## [What is expected]
Could you retype, exactly as written, every line from the top of the records through the line that contains "or_else-none none = refl"?

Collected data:
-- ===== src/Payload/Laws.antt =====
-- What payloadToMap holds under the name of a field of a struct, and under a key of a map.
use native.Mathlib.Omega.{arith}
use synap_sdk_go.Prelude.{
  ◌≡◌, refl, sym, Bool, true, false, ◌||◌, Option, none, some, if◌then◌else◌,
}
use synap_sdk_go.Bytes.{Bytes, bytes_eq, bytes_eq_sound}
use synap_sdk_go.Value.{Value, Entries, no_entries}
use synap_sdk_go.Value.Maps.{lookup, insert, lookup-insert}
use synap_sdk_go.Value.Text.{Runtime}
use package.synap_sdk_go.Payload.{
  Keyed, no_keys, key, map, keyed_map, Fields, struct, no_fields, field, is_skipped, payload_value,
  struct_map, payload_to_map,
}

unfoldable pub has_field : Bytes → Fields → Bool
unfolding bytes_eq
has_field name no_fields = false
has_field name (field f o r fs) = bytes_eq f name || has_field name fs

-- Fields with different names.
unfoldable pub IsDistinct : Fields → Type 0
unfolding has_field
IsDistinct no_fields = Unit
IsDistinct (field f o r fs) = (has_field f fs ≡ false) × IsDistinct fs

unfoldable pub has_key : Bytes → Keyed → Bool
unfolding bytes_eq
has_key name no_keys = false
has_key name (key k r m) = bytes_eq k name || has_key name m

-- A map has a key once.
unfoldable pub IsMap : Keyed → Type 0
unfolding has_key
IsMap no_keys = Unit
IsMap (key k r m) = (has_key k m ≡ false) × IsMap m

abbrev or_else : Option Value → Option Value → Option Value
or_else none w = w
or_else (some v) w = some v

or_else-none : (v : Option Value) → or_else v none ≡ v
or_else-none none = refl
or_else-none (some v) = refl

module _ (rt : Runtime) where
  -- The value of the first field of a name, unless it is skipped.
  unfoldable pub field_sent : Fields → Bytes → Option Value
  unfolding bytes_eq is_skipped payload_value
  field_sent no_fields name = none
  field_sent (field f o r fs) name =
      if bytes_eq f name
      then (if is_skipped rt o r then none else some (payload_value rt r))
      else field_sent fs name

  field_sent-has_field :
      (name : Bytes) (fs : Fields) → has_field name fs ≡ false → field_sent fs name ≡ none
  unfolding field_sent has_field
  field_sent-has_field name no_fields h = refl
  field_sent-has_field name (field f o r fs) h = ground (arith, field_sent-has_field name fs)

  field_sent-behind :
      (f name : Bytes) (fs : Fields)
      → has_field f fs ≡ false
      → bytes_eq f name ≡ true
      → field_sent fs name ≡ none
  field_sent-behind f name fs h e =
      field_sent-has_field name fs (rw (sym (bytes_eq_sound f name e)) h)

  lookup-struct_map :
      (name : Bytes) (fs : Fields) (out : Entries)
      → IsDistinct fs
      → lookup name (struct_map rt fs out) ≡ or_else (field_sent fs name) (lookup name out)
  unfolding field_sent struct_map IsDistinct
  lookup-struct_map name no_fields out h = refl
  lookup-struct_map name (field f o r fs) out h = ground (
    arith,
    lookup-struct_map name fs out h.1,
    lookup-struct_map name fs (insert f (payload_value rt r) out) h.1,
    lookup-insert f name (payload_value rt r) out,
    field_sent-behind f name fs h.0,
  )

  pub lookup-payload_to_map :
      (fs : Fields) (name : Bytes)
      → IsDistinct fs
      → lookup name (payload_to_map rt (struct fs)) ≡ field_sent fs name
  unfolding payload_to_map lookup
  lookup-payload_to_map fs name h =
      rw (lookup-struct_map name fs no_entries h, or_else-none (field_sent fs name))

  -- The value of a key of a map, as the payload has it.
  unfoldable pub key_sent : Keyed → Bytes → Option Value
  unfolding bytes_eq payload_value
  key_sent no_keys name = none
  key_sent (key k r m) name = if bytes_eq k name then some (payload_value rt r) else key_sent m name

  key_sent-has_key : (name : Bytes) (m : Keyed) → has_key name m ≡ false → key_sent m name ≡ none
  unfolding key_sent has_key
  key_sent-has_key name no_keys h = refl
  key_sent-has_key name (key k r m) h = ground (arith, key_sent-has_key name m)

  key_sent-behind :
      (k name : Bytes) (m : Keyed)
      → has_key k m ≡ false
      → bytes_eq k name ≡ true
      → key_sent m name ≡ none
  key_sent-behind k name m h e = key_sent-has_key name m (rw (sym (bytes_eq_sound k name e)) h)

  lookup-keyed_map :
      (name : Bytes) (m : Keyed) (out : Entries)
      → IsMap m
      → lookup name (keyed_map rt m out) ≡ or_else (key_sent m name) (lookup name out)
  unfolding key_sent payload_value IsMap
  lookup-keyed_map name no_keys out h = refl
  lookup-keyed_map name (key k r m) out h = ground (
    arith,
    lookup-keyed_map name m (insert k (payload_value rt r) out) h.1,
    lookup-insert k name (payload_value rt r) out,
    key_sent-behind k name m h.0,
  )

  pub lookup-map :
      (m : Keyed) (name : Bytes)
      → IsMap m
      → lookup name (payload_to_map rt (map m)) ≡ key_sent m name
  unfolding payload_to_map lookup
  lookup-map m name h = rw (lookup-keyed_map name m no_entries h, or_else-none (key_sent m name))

## [Answer for the task]
-- ===== src/Payload/Laws.antt =====
-- What payloadToMap holds under the name of a field of a struct, and under a key of a map.
use native.Mathlib.Omega.{arith}
use synap_sdk_go.Prelude.{
  ◌≡◌, refl, sym, Bool, true, false, ◌||◌, Option, none, some, if◌then◌else◌,
}
use synap_sdk_go.Bytes.{Bytes, bytes_eq, bytes_eq_sound}
use synap_sdk_go.Value.{Value, Entries, no_entries}
use synap_sdk_go.Value.Maps.{lookup, insert, lookup-insert}
use synap_sdk_go.Value.Text.{Runtime}
use package.synap_sdk_go.Payload.{
  Keyed, no_keys, key, map, keyed_map, Fields, struct, no_fields, field, is_skipped, payload_value,
  struct_map, payload_to_map,
}

unfoldable pub has_field : Bytes → Fields → Bool
unfolding bytes_eq
has_field name no_fields = false
has_field name (field f o r fs) = bytes_eq f name || has_field name fs

-- Fields with different names.
unfoldable pub IsDistinct : Fields → Type 0
unfolding has_field
IsDistinct no_fields = Unit
IsDistinct (field f o r fs) = (has_field f fs ≡ false) × IsDistinct fs

unfoldable pub has_key : Bytes → Keyed → Bool
unfolding bytes_eq
has_key name no_keys = false
has_key name (key k r m) = bytes_eq k name || has_key name m

-- A map has a key once.
unfoldable pub IsMap : Keyed → Type 0
unfolding has_key
IsMap no_keys = Unit
IsMap (key k r m) = (has_key k m ≡ false) × IsMap m

abbrev or_else : Option Value → Option Value → Option Value
or_else none w = w
or_else (some v) w = some v

or_else-none : (v : Option Value) → or_else v none ≡ v
or_else-none none = refl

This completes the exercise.